Task objective: Look below for the line that has "abbrev pub min_sector_size : ℕ". Set down the lines from there through the line that has "let ty = type_of count in", exactly as written.

Saved data entries:

+++

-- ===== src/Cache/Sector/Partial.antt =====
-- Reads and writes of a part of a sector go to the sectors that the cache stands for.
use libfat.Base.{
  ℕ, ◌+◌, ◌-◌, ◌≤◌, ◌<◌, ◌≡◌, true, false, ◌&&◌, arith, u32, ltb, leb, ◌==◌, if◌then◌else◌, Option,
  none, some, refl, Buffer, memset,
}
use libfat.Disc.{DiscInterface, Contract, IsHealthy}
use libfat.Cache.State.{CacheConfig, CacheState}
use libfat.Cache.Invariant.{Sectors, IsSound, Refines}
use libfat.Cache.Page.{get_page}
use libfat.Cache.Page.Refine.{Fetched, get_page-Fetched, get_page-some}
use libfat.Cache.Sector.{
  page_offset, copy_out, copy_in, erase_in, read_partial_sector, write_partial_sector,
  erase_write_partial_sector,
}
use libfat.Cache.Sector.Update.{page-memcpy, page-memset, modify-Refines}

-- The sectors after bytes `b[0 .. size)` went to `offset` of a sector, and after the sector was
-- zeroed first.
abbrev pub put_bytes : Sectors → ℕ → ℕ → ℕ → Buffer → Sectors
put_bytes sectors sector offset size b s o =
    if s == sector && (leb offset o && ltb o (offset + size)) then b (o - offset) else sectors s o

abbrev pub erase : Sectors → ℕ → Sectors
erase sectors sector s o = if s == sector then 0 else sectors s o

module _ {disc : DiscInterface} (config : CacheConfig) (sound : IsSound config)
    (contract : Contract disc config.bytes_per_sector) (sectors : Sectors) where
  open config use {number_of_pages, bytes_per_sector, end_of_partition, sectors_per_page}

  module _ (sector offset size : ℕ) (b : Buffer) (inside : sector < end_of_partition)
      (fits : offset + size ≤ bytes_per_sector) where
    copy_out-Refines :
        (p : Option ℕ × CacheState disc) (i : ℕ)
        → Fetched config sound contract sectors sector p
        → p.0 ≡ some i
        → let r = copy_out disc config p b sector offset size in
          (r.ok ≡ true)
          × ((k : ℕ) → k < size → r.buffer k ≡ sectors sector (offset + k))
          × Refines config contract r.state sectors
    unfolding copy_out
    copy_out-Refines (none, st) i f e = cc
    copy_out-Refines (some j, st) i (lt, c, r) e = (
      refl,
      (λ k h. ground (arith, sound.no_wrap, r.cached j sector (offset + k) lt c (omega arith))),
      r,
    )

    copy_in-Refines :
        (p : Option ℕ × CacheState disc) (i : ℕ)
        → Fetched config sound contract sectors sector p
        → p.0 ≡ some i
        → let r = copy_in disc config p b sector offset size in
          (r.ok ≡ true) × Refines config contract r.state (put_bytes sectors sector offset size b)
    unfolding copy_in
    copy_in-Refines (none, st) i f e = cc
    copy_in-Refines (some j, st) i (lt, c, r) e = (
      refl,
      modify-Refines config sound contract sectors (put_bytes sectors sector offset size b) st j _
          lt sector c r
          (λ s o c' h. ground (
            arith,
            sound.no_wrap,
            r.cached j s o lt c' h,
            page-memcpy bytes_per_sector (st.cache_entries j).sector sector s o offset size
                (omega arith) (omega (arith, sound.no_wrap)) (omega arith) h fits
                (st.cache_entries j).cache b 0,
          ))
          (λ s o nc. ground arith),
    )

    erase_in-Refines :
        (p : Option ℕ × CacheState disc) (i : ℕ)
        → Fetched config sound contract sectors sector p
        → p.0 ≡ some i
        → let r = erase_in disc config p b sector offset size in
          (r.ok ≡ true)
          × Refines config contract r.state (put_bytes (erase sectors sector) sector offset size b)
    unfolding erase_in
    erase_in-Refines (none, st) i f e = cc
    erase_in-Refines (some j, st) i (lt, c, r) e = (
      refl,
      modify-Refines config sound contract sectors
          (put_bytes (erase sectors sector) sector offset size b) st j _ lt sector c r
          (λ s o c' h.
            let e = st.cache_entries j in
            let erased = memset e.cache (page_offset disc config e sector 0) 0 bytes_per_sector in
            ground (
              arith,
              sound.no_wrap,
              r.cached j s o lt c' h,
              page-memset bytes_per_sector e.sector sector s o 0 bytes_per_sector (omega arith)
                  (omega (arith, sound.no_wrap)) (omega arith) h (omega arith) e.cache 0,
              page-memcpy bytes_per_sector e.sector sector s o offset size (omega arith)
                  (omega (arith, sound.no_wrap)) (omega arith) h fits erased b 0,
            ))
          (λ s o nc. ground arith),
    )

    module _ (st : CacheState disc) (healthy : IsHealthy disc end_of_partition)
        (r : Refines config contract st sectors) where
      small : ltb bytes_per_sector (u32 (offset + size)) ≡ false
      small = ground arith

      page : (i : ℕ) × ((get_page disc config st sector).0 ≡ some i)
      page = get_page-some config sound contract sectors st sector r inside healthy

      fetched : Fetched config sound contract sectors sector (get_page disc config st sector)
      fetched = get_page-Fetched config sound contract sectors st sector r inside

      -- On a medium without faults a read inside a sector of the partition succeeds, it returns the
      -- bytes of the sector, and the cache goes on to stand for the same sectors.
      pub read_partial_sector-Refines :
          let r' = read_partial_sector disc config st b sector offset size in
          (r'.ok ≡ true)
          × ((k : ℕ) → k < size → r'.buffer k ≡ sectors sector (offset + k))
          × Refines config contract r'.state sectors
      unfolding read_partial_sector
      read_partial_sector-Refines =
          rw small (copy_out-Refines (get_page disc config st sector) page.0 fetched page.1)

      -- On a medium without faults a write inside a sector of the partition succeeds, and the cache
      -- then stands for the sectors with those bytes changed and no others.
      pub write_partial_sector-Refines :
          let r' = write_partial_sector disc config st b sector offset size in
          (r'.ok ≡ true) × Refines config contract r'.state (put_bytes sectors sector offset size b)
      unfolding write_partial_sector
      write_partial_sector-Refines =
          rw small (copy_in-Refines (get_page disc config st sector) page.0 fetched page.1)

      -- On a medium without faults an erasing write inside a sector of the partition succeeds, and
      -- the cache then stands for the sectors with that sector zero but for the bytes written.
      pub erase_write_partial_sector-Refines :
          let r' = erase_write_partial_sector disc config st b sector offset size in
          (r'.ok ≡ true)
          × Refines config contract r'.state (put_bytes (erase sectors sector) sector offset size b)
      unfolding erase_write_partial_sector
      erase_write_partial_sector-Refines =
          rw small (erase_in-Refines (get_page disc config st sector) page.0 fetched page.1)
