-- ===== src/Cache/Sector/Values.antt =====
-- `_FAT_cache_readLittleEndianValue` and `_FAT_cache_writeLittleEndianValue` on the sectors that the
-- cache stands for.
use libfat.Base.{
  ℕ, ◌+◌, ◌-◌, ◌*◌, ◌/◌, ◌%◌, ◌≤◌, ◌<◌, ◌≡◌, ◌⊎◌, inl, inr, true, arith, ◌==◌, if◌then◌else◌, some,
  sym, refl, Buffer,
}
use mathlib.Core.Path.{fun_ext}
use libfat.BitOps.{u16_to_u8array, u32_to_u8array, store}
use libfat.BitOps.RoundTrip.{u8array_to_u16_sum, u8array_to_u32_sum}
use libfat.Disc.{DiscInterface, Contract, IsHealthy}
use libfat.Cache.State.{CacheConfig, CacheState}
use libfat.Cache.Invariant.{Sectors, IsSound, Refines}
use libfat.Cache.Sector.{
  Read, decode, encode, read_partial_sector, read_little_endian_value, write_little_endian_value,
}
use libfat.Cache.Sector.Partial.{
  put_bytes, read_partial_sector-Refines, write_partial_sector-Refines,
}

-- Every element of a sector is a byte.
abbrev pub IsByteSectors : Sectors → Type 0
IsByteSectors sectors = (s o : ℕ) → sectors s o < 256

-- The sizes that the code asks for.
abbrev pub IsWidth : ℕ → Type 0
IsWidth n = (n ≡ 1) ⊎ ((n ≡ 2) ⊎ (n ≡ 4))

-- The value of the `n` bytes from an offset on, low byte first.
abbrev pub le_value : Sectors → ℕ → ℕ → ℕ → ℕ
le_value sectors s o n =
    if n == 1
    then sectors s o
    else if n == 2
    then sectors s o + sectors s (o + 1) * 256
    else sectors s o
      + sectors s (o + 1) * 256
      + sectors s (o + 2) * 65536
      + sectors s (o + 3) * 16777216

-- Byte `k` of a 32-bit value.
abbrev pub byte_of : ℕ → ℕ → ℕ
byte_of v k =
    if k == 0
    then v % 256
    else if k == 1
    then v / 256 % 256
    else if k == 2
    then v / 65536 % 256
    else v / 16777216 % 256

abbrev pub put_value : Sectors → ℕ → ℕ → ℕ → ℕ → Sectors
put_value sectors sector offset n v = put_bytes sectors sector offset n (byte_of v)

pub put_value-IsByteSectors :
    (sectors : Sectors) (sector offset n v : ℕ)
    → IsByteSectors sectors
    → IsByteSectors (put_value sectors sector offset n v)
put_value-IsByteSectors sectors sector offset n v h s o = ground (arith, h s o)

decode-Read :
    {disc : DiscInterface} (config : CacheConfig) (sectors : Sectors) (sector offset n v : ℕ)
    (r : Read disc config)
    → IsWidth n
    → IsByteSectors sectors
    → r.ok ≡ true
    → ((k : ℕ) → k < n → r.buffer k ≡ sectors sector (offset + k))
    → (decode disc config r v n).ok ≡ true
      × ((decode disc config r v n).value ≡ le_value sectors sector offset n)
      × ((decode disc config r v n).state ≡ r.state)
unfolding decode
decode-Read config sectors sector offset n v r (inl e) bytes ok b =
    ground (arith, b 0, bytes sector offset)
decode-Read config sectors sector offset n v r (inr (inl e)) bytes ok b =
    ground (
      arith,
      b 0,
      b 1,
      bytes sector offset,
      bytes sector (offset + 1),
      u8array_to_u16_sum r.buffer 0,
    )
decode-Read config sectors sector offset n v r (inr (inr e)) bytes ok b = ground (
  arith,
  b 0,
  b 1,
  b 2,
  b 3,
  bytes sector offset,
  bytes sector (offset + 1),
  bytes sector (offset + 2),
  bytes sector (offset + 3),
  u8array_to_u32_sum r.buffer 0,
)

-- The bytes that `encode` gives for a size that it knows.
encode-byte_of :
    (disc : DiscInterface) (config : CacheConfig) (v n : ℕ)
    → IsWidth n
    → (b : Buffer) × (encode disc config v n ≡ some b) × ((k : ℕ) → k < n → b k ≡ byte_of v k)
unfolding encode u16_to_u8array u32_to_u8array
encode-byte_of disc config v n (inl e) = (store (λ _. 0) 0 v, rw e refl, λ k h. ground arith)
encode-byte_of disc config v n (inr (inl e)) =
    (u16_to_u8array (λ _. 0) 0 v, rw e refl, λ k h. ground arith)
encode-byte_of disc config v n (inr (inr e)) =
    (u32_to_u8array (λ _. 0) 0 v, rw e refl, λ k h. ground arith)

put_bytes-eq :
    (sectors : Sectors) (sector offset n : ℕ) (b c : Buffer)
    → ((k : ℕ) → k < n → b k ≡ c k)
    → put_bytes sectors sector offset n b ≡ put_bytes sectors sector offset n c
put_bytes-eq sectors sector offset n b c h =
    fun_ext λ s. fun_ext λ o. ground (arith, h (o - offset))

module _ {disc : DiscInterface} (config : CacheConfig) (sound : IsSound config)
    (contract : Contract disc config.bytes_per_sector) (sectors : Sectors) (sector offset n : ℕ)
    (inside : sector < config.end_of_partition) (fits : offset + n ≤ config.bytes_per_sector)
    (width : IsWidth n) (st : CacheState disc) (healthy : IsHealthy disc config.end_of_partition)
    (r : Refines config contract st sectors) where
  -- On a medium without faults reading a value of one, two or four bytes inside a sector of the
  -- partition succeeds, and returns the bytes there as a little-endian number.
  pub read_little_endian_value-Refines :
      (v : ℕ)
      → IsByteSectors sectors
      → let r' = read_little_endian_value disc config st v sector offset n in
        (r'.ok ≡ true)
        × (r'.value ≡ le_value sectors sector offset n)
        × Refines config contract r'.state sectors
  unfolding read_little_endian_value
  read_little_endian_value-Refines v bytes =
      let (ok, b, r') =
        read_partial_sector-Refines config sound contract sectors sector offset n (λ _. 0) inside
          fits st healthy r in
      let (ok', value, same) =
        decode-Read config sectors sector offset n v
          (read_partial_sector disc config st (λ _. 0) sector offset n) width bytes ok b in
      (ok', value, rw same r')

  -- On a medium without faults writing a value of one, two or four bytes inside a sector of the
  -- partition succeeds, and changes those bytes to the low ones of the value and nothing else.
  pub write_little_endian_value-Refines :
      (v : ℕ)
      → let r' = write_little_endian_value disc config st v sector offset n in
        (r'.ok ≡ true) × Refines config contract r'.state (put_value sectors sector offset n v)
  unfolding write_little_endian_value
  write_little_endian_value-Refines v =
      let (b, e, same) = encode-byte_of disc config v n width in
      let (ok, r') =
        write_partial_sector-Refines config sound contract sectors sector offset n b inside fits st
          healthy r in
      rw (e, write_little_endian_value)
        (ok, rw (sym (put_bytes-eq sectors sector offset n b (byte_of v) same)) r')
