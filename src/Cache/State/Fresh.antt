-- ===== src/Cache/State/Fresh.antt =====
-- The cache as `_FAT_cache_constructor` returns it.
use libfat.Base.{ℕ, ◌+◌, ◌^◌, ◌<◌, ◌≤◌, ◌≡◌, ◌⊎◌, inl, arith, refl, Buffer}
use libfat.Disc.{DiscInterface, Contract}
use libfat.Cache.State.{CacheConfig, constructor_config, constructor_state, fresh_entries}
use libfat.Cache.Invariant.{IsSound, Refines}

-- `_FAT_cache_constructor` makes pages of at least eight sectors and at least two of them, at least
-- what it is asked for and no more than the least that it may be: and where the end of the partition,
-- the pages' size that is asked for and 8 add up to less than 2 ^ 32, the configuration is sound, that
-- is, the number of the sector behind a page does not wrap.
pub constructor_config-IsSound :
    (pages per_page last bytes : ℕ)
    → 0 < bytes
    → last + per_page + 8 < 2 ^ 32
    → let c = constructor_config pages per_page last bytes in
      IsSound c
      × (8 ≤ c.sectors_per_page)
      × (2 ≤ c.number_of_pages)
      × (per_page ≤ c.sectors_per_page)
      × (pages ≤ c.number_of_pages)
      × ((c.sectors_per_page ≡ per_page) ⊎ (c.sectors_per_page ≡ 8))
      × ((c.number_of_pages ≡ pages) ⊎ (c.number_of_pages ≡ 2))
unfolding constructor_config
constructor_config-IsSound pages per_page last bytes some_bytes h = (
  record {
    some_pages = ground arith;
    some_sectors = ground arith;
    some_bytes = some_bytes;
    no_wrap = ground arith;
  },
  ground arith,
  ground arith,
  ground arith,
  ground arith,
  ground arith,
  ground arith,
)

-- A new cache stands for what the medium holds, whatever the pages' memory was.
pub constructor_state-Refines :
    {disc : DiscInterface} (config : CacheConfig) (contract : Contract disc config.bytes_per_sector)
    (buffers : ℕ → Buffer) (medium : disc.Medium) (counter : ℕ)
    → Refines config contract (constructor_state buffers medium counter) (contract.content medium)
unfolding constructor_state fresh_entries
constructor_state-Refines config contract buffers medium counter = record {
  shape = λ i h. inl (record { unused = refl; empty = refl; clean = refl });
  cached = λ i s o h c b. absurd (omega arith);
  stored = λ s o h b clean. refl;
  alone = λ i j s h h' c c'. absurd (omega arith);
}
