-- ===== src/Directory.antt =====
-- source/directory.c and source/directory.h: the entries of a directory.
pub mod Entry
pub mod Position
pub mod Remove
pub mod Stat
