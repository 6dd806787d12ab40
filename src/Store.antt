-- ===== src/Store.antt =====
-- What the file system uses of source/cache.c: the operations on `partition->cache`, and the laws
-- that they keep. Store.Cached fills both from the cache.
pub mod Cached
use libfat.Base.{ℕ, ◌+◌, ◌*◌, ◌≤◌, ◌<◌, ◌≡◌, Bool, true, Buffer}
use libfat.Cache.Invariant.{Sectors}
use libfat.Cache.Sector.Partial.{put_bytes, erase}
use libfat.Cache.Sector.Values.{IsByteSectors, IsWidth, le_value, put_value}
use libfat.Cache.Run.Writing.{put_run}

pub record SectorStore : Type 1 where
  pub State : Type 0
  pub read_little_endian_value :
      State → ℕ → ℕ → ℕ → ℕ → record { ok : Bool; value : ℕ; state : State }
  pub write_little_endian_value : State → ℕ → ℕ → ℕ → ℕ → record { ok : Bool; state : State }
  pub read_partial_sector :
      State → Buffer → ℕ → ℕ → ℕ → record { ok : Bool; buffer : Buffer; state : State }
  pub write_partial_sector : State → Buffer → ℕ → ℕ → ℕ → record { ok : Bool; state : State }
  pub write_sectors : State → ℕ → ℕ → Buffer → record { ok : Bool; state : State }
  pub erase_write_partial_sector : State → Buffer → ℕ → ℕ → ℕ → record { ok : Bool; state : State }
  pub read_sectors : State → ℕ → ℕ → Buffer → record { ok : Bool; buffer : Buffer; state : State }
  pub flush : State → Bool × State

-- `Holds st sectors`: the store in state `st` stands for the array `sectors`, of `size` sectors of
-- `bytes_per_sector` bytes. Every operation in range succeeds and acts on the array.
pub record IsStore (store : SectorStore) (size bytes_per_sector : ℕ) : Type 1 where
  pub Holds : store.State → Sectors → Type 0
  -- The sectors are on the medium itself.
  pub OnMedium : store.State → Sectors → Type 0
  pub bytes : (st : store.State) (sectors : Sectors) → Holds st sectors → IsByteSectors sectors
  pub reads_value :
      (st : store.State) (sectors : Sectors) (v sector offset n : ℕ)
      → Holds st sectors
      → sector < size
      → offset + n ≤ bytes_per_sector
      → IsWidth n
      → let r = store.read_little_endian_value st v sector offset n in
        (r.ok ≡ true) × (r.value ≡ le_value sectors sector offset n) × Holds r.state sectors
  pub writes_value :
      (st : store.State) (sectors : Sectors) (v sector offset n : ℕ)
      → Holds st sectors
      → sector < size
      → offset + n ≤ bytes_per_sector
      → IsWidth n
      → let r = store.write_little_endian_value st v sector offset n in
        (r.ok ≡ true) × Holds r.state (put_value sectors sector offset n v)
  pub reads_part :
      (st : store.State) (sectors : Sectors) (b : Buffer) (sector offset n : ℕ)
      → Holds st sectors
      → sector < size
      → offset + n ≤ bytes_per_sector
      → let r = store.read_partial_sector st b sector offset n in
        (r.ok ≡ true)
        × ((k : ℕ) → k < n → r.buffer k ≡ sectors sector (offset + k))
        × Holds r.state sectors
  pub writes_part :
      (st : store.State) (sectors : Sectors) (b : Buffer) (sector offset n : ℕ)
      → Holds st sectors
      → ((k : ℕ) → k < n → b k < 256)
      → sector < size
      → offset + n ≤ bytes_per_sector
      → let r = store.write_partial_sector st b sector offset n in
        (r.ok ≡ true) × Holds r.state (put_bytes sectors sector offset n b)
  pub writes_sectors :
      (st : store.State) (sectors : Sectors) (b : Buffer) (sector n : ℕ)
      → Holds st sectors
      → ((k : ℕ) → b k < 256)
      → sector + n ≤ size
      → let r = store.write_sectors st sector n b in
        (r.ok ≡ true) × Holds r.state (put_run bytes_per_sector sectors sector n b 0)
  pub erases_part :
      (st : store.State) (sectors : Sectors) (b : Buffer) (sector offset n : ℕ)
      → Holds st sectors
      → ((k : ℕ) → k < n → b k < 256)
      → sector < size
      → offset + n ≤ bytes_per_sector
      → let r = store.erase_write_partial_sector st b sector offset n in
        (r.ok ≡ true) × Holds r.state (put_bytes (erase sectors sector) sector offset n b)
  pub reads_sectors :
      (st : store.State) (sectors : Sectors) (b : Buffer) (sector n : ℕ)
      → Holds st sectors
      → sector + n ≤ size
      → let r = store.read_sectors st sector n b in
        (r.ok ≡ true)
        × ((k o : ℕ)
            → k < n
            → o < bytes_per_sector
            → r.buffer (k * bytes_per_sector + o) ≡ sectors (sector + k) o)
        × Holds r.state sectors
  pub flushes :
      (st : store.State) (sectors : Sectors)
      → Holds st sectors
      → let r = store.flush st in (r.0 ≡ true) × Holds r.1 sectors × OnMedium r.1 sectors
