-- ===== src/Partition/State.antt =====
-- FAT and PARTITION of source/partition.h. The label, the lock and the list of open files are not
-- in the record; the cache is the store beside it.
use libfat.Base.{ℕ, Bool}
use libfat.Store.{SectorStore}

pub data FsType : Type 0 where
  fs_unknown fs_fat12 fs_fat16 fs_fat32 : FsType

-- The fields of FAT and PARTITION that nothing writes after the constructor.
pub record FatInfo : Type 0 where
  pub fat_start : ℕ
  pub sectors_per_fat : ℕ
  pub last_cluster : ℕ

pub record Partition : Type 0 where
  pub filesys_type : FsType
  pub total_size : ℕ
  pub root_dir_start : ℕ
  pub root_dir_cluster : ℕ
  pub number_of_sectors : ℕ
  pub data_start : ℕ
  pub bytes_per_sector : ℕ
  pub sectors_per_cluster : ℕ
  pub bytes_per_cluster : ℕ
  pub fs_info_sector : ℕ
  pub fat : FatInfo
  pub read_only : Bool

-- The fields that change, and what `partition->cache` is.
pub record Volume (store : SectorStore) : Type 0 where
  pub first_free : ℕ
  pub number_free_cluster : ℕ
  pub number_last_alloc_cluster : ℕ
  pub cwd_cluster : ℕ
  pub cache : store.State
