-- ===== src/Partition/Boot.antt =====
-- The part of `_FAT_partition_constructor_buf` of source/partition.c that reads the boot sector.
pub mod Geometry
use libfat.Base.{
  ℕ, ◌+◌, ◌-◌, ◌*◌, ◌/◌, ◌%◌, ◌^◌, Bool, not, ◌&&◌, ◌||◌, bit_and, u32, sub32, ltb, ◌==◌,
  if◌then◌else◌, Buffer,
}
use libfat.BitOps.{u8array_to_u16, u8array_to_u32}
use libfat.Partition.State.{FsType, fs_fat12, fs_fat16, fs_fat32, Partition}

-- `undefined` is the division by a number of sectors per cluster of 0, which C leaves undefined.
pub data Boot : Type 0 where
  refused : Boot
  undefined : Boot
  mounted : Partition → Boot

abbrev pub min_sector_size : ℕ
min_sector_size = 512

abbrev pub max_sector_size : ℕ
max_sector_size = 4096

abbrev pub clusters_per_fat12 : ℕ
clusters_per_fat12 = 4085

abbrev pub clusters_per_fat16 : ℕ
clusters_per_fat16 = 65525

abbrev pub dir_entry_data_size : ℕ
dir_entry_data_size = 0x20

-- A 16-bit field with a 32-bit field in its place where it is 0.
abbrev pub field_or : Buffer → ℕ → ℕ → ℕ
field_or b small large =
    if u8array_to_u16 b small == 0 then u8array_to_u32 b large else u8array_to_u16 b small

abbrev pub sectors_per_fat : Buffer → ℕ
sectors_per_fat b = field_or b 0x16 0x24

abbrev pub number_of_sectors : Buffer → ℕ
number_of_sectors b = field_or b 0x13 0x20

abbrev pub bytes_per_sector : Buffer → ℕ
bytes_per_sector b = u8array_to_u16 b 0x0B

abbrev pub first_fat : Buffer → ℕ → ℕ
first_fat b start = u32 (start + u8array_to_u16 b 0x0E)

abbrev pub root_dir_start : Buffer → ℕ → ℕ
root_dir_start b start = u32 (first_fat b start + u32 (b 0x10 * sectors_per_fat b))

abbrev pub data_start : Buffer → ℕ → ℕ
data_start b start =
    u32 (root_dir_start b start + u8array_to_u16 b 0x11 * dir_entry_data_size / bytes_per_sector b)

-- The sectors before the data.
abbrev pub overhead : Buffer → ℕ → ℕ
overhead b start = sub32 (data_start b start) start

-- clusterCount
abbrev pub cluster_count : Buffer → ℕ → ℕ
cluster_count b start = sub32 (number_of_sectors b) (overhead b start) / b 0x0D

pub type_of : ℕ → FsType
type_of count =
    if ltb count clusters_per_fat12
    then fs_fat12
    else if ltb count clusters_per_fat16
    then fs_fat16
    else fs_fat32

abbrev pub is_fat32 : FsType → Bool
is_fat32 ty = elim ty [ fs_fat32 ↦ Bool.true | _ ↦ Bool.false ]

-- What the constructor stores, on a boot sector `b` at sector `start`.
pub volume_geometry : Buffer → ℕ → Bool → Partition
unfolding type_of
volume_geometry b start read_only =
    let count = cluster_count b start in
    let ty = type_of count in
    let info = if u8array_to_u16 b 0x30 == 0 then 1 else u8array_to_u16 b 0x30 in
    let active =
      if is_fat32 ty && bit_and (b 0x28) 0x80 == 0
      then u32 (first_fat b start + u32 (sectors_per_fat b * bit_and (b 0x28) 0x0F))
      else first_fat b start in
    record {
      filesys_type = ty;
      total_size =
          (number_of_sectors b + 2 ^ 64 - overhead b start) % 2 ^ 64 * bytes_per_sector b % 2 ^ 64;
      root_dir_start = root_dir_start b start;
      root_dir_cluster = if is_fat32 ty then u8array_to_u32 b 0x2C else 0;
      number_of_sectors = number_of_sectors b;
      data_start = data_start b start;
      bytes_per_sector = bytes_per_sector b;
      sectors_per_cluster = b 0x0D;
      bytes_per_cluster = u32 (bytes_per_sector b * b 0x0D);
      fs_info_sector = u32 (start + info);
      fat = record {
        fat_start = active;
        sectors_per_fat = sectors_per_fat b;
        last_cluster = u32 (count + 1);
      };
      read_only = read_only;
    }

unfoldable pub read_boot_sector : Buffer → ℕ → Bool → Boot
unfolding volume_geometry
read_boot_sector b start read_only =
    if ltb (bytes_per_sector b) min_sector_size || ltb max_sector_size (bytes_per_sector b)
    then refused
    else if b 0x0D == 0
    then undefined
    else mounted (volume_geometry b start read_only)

+++

Exercise answer:
abbrev pub min_sector_size : ℕ
min_sector_size = 512

abbrev pub max_sector_size : ℕ
max_sector_size = 4096

abbrev pub clusters_per_fat12 : ℕ
clusters_per_fat12 = 4085

abbrev pub clusters_per_fat16 : ℕ
clusters_per_fat16 = 65525

abbrev pub dir_entry_data_size : ℕ
dir_entry_data_size = 0x20

-- A 16-bit field with a 32-bit field in its place where it is 0.
abbrev pub field_or : Buffer → ℕ → ℕ → ℕ
field_or b small large =
    if u8array_to_u16 b small == 0 then u8array_to_u32 b large else u8array_to_u16 b small

abbrev pub sectors_per_fat : Buffer → ℕ
sectors_per_fat b = field_or b 0x16 0x24

abbrev pub number_of_sectors : Buffer → ℕ
number_of_sectors b = field_or b 0x13 0x20

abbrev pub bytes_per_sector : Buffer → ℕ
bytes_per_sector b = u8array_to_u16 b 0x0B

abbrev pub first_fat : Buffer → ℕ → ℕ
first_fat b start = u32 (start + u8array_to_u16 b 0x0E)

abbrev pub root_dir_start : Buffer → ℕ → ℕ
root_dir_start b start = u32 (first_fat b start + u32 (b 0x10 * sectors_per_fat b))

abbrev pub data_start : Buffer → ℕ → ℕ
data_start b start =
    u32 (root_dir_start b start + u8array_to_u16 b 0x11 * dir_entry_data_size / bytes_per_sector b)

-- The sectors before the data.
abbrev pub overhead : Buffer → ℕ → ℕ
overhead b start = sub32 (data_start b start) start

-- clusterCount
abbrev pub cluster_count : Buffer → ℕ → ℕ
cluster_count b start = sub32 (number_of_sectors b) (overhead b start) / b 0x0D

pub type_of : ℕ → FsType
type_of count =
    if ltb count clusters_per_fat12
    then fs_fat12
    else if ltb count clusters_per_fat16
    then fs_fat16
    else fs_fat32

abbrev pub is_fat32 : FsType → Bool
is_fat32 ty = elim ty [ fs_fat32 ↦ Bool.true | _ ↦ Bool.false ]

-- What the constructor stores, on a boot sector `b` at sector `start`.
pub volume_geometry : Buffer → ℕ → Bool → Partition
unfolding type_of
volume_geometry b start read_only =
    let count = cluster_count b start in
    let ty = type_of count in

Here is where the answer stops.